In this case, the target function we want to approximate with our neural network is actually based on another network, as indicated by equation \((2)\), our network represents \(Q_i(s, a)\), while our target function is \(\Bbb{E}\ *{s’}[r + \gamma \max\limits\ {a’}\hat{Q}\ {i-1}(s’ , a’)| s, a]\), represented by the network \(\hat{Q}*\ {i-1}(s’ , a’)\). We call \(Q_i(s, a)\) our actual network (officially \(Q\) network), since this is the one we actually perform gradient descent on, whilst \(\hat{Q} \_{i-1}(s’ , a’)\) is called the target network, it is fixed except when we update it using the actual network.

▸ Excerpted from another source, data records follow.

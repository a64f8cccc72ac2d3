-- ===== src/Redactor/Resolve.antt =====
-- An exported peer id is resolved on the device that exported it.
use bare_network_inspect.Base.{
  ◌≡◌, refl, sym, ap, ◌∙◌, arith, inl, inr, false, some, ◌++◌, JsString, ascii, Bool-cases,
  Option-cases, same, ℕ_discrete,
}
use bare_network_inspect.Registry.{PeerRegistry, broadcast, handle_for, is_same, peer_from_handle}
use bare_network_inspect.Registry.Peers.{peer_from_handle-handle_for, is_same_eq}
use bare_network_inspect.Redactor.{hash_peer, strip_prefix, resolve_peer}

strip_prefix_lem : (h : JsString) → strip_prefix (ascii "ph_" ++ h) ≡ h
unfolding strip_prefix is_same same ℕ_discrete
strip_prefix_lem h = refl

prefixed : (h : JsString) → is_same (ascii "ph_" ++ h) broadcast ≡ false
unfolding is_same same ℕ_discrete
prefixed h = refl

broadcast_lem : (reg : PeerRegistry) → resolve_peer reg broadcast ≡ some broadcast
unfolding resolve_peer is_same same ℕ_discrete
broadcast_lem reg = refl

broadcast_handle : (reg : PeerRegistry) → peer_from_handle reg broadcast ≡ some broadcast
unfolding peer_from_handle is_same same ℕ_discrete
broadcast_handle reg = refl

-- The exported form of a peer id resolves to the id, with the registry that hashing it left behind.
pub resolve_peer-hash_peer :
    (reg reg' : PeerRegistry) (peer hashed : JsString)
    → hash_peer reg peer ≡ some (reg', hashed)
    → resolve_peer reg' hashed ≡ some peer
unfolding hash_peer resolve_peer
resolve_peer-hash_peer reg reg' peer hashed h = elim (Bool-cases (is_same peer broadcast)) [
  | inl e ↦
      let q : broadcast ≡ hashed = ground arith in
      rw (← q) (broadcast_lem reg' ∙ ap some (sym (is_same_eq peer broadcast e)))
  | inr e ↦ elim (Option-cases (handle_for reg peer)) [
    | inl g ↦ absurd (ground arith)
    | inr ((r, handle), g) ↦
        let q : ascii "ph_" ++ handle ≡ hashed = ground arith in
        let u : r ≡ reg' = ground arith in
        let k =
          peer_from_handle-handle_for reg r peer handle broadcast broadcast g
            (broadcast_handle reg) in
        rw (← q, ← u, prefixed handle, strip_prefix_lem handle) k.0
  ]
]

Read the algorithm below for clarification. We distinguish further the actual network with its parameters (weights and bias) \(\theta\_i\), from the target network with its parameters \(\theta_i^-\)
In this case the loss function at each iteration \(i\) is defined as
\(L_i(\theta_i)=\Bbb{E}_{(s,a,r)}[(y_i-Q(s,a;\theta_i))^2]\)
where \(y_i=\Bbb{E}_{s'}[r+\gamma \max\limits_{a'} \hat{Q} (s',a';\theta_i^-)|s,a]\) is the target function we want to approximate for iteration \(i\). Again, when adjusting the parameters \(\theta_i\) using gradient descent, \(\theta_i^-\) are kept fixed. The target network parameters \(\theta_i^-\) are only updated using the actual network parameters \(\theta_i\) every \(C\) iterations and are held fixed between individual updates. (Yes, we are not strictly following the iteration formula \((2)\), which updates the target network every iteration, instead we only update every \(C\) iterations, for stability!)
The gradient is simply:
\(\nabla_{\theta_i}L(\theta_i)=\Bbb{E}_{(s,a,r,s')}\{2[ r+\gamma \max\limits_{a'} \hat{Q} (s',a';\theta_i^-)- Q(s,a;\theta_i) ] \nabla_{\theta_i} Q(s,a;\theta_i) \}\)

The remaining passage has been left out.